今はまだ、肉体の主導権を完全に掌握していない。
このまま立花響を見殺しにすれば、
出力の低下、最悪の場合、同調不良を招くだろう。
ならば、答えは一つだ』
響が呻き声を上げる中、
再び瓦礫が響の上に崩れ落ちた。
「う……うう」
「少々の荒療治だ。
許せ――」
その瞬間、奏の髪がふわりと浮かび上がる。
瞳は赤から黄金へと変貌し、
手に持つ槍――星の聖槍
ロンゴミニアドが光を放ち始めた。
「疑似人格停止。

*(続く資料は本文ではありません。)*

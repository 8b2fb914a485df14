-- ===== src/Idt/Gates.antt =====
-- What the processor does at each interrupt once idt_init of student-distrib/idt.c has run.
use unix_operation_system.Prelude.{
  ℕ, zero, suc, ◌+◌, ◌*◌, ◌/◌, ◌%◌, ◌^◌, ◌≤◌, ◌<◌, ◌≡◌, refl, ◌∙◌, arith, Bool, true, false, ◌&&◌,
  Option, none, some, ltb, leb, ◌==◌, if◌then◌else◌, update, Bool-cases, inl, inr,
}
use unix_operation_system.Idt.{
  Gate, Handlers, reset_gate, reset_loop, exception_loop, set_exceptions, set_idt_entry,
  set_interrupt, add_intr_handler_setup, idt_init, num_vec, kernel_cs,
}

-- The type of a gate in four bits: 14 turns interrupts off, 15 leaves them as they are.
abbrev pub gate_type : Gate → ℕ
gate_type g = g.reserved3 + 2 * g.reserved2 + 4 * g.reserved1 + 8 * g.size

-- Where an interrupt that is raised at level `cpl` goes, and whether interrupts are off there; the
-- processor and the devices raise theirs at level 0, and an instruction of a program at level 3. The
-- gate must name the segment of the kernel's code.
unfoldable pub deliver : Gate → ℕ → Option (ℕ × Bool)
deliver g cpl =
    if (g.present == 1)
      && ((g.seg_selector == kernel_cs)
          && (leb cpl g.dpl && ((g.reserved0 == 0) && leb 14 (gate_type g))))
    then some (2 ^ 16 * g.offset_31_16 + g.offset_15_00, gate_type g == 14)
    else none

reset_loop_lem :
    (k : ℕ) (t : ℕ → Gate) (i n : ℕ)
    → reset_loop k t i n ≡ (if leb i n && ltb n (i + k) then reset_gate else t n)
unfolding reset_loop
reset_loop_lem zero t i n = ground arith
reset_loop_lem (suc k) t i n =
    reset_loop_lem k (update t i reset_gate) (i + 1) n
    ∙ elim (Bool-cases (n == i)) [ inl e ↦ ground (arith, e) | inr e ↦ ground (arith, e) ]

abbrev as_exception : Gate → Gate
as_exception g = record g { dpl = 0; present = 1; reserved3 = 1 }

exception_loop_lem :
    (k : ℕ) (t : ℕ → Gate) (i n : ℕ)
    → exception_loop k t i n ≡ (if leb i n && ltb n (i + k) then as_exception (t n) else t n)
unfolding exception_loop
exception_loop_lem zero t i n = ground arith
exception_loop_lem (suc k) t i n =
    exception_loop_lem k (update t i (as_exception (t i))) (i + 1) n
    ∙ elim (Bool-cases (n == i)) [ inl e ↦ ground (arith, e) | inr e ↦ ground (arith, e) ]

abbrev with_handler : Gate → ℕ → Gate
with_handler g a = record g { offset_31_16 = a / 2 ^ 16 % 2 ^ 16; offset_15_00 = a % 2 ^ 16 }

set_exceptions_lem :
    (k : ℕ) (h : ℕ → ℕ) (t : ℕ → Gate) (i n : ℕ)
    → set_exceptions k h t i n
      ≡ (if leb i n && ltb n (i + k) then with_handler (t n) (h n) else t n)
unfolding set_exceptions set_idt_entry
set_exceptions_lem zero h t i n = ground arith
set_exceptions_lem (suc k) h t i n =
    set_exceptions_lem k h (update t i (with_handler (t i) (h i))) (i + 1) n
    ∙ elim (Bool-cases (n == i)) [ inl e ↦ ground (arith, e) | inr e ↦ ground (arith, e) ]

-- The gate of an exception, of a device and of the system calls
abbrev gate : ℕ → ℕ → ℕ → Gate
gate kind level a = record (with_handler reset_gate a) {
  reserved3 = kind;
  dpl = level;
  present = 1;
}

reset : (t : ℕ → Gate) (n : ℕ) → n < 256 → reset_loop num_vec t 0 n ≡ reset_gate
reset t n lt = reset_loop_lem num_vec t 0 n ∙ ground (arith, lt)

exceptions-gate :
    (h : ℕ → ℕ) (t : ℕ → Gate) (n : ℕ)
    → n < 256
    → set_exceptions 20 h (exception_loop 20 (reset_loop num_vec t 0) 0) 0 n
      ≡ (if ltb n 20 then gate 1 0 (h n) else reset_gate)
exceptions-gate h t n lt =
    let within : (leb 0 n && ltb n (0 + 20)) ≡ ltb n 20 = ground arith in
    set_exceptions_lem 20 h (exception_loop 20 (reset_loop num_vec t 0) 0) 0 n
    ∙ rw (exception_loop_lem 20 (reset_loop num_vec t 0) 0 n, within, reset t n lt)
        (elim (Bool-cases (ltb n 20)) [ inl e ↦ rw e refl | inr e ↦ rw e refl ])

-- The gate of each vector
abbrev expected : Handlers → ℕ → Gate
expected h n =
    if n == 0x80
    then gate 1 3 h.syscall_handler
    else if n == 0x28
    then gate 0 0 h.rtc_handler_linkage
    else if n == 0x21
    then gate 0 0 h.keyboard_handler_linkage
    else if n == 0x20
    then gate 0 0 h.pit_handler_linkage
    else if ltb n 20
    then gate 1 0 (h.exception n)
    else reset_gate

idt_init-gate : (h : Handlers) (t : ℕ → Gate) (n : ℕ) → n < 256 → idt_init h t n ≡ expected h n
unfolding idt_init set_interrupt set_idt_entry add_intr_handler_setup
idt_init-gate h t n lt =
    let at = exceptions-gate h.exception t in
    rw
      (
        at 0x20 (omega arith),
        at 0x21 (omega arith),
        at 0x28 (omega arith),
        at 0x80 (omega arith),
        at n lt,
      )
      (elim (Bool-cases (n == 0x80)) [
        | inl e ↦ rw e refl
        | inr e ↦ rw e (elim (Bool-cases (n == 0x28)) [
          | inl e ↦ rw e refl
          | inr e ↦ rw e (elim (Bool-cases (n == 0x21)) [
            | inl e ↦ rw e refl
            | inr e ↦ rw e (elim (Bool-cases (n == 0x20)) [ inl e ↦ rw e refl | inr e ↦ rw e refl ])
          ])
        ])
      ])

gate-deliver :
    (kind level a cpl : ℕ)
    → kind ≤ 1
    → a < 2 ^ 32
    → deliver (gate kind level a) cpl ≡ (if leb cpl level then some (a, kind == 0) else none)
unfolding deliver
gate-deliver kind level a cpl k lt =
    let whole : 2 ^ 16 * (a / 2 ^ 16 % 2 ^ 16) + a % 2 ^ 16 ≡ a = omega arith in
    let some_type : leb 14 (gate_type (gate kind level a)) ≡ true = ground arith in
    let off : (gate_type (gate kind level a) == 14) ≡ (kind == 0) = ground arith in
    rw (whole, some_type, off)
      (elim (Bool-cases (leb cpl level)) [ inl e ↦ rw e refl | inr e ↦ rw e refl ])

absent-deliver : (cpl : ℕ) → deliver reset_gate cpl ≡ (if leb cpl 0 then none else none)
unfolding deliver
absent-deliver cpl = ground arith

-- The functions are in the address space.
pub record InSpace (h : Handlers) : Type 0 where
  pub exceptions : (n : ℕ) → h.exception n < 2 ^ 32
  pub pit : h.pit_handler_linkage < 2 ^ 32
  pub keyboard : h.keyboard_handler_linkage < 2 ^ 32
  pub rtc : h.rtc_handler_linkage < 2 ^ 32
  pub syscall : h.syscall_handler < 2 ^ 32

-- The function of a vector, and whether it starts with interrupts off
abbrev pub function_of : Handlers → ℕ → Option (ℕ × Bool)
function_of h n =
    if n == 0x80
    then some (h.syscall_handler, false)
    else if n == 0x28
    then some (h.rtc_handler_linkage, true)
    else if n == 0x21
    then some (h.keyboard_handler_linkage, true)
    else if n == 0x20
    then some (h.pit_handler_linkage, true)
    else if ltb n 20
    then some (h.exception n, false)
    else none

-- Once idt_init has run, for each of the 256 vectors: an exception goes to its own handler with
-- interrupts as they were, the timer, the keyboard and the clock to theirs with interrupts off, vector
-- 0x80 to that of the system calls, and any other nowhere; a program reaches none of them by an
-- instruction but 0x80, which it may use at every level up to 3. Addresses have 32 bits.
pub idt_init-deliver :
    (h : Handlers) (t : ℕ → Gate) (n cpl : ℕ)
    → InSpace h
    → n < 256
    → deliver (idt_init h t n) cpl
      ≡ (if leb cpl (if n == 0x80 then 3 else 0) then function_of h n else none)
idt_init-deliver h t n cpl v lt = rw (idt_init-gate h t n lt) (elim (Bool-cases (n == 0x80)) [
  | inl e ↦ rw e (gate-deliver 1 3 h.syscall_handler cpl (omega arith) v.syscall)
  | inr e ↦ rw e (elim (Bool-cases (n == 0x28)) [
    | inl e ↦ rw e (gate-deliver 0 0 h.rtc_handler_linkage cpl (omega arith) v.rtc)
    | inr e ↦ rw e (elim (Bool-cases (n == 0x21)) [
      | inl e ↦ rw e (gate-deliver 0 0 h.keyboard_handler_linkage cpl (omega arith) v.keyboard)
      | inr e ↦ rw e (elim (Bool-cases (n == 0x20)) [
        | inl e ↦ rw e (gate-deliver 0 0 h.pit_handler_linkage cpl (omega arith) v.pit)
        | inr e ↦ rw e (elim (Bool-cases (ltb n 20)) [
          | inl e ↦ rw e (gate-deliver 1 0 (h.exception n) cpl (omega arith) (v.exceptions n))
          | inr e ↦ rw e (absent-deliver cpl)
        ])
      ])
    ])
  ])
])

天羽奏との同調を確認。
魔力の消費量、測定完了。
宝具使用、限定解除」
▲▲▲
一方、病院外では風鳴翼とマリアが激しく剣戟を交わしていた。
「まだ、合ったね、風鳴翼」
「……!?」
「奏が言った通り、可愛げがないよね。あなた」
槍と剣がぶつかり、再び互いに距離を取る。
「奏とはどういう関係だ」
「な、何言ってるの、あなた!?」
マリアの顔が赤く染まる。
「違う! そういう関係じゃないから!」
「……貴様、何を言っているのだ?」
その時、遠方に光の柱が立ち上る。
「あの光はまさか――!」
マリアは驚愕し、その光の方角――立花響がいる場所を見つめる。
『あの方向、確か、立花の!?』
翼は・・・
▲▲▲
再び瓦礫の平野。
天を貫くような光が響き、奏が槍を高く掲げる。
「聖槍圧縮」
槍は光の帯に包まれ、
スピアータイプからランスタイプへと変貌する。
「十三拘束、限定解除。
攻撃対象限定、レンズ縮小、全工程完了。
カウントダウン開始!」
空は暗雲に包まれ、風が荒れ狂う。
奏の髪は赤から
瞳の色と同じ黄金となる。
響が必死に抗おうとするが、
体は言うことを聞かない。
膨大な風は奏と響を包み込む。
「聖槍抜錨――其は空を裂き、地を繋ぐ! 嵐の錨!
最果てより光を放て……!
星の聖槍は光を放ち、遥か彼方の天を貫いた。
天を裂いたその光は一筋の流星のように地上へと落下し、
奏と響を包み込む。
「――!?」
閃光がすべてを覆い尽くし、その後に残されたのは純粋な破壊のみ。
瓦礫の平野に轟く爆発音が、最後の静寂を破った。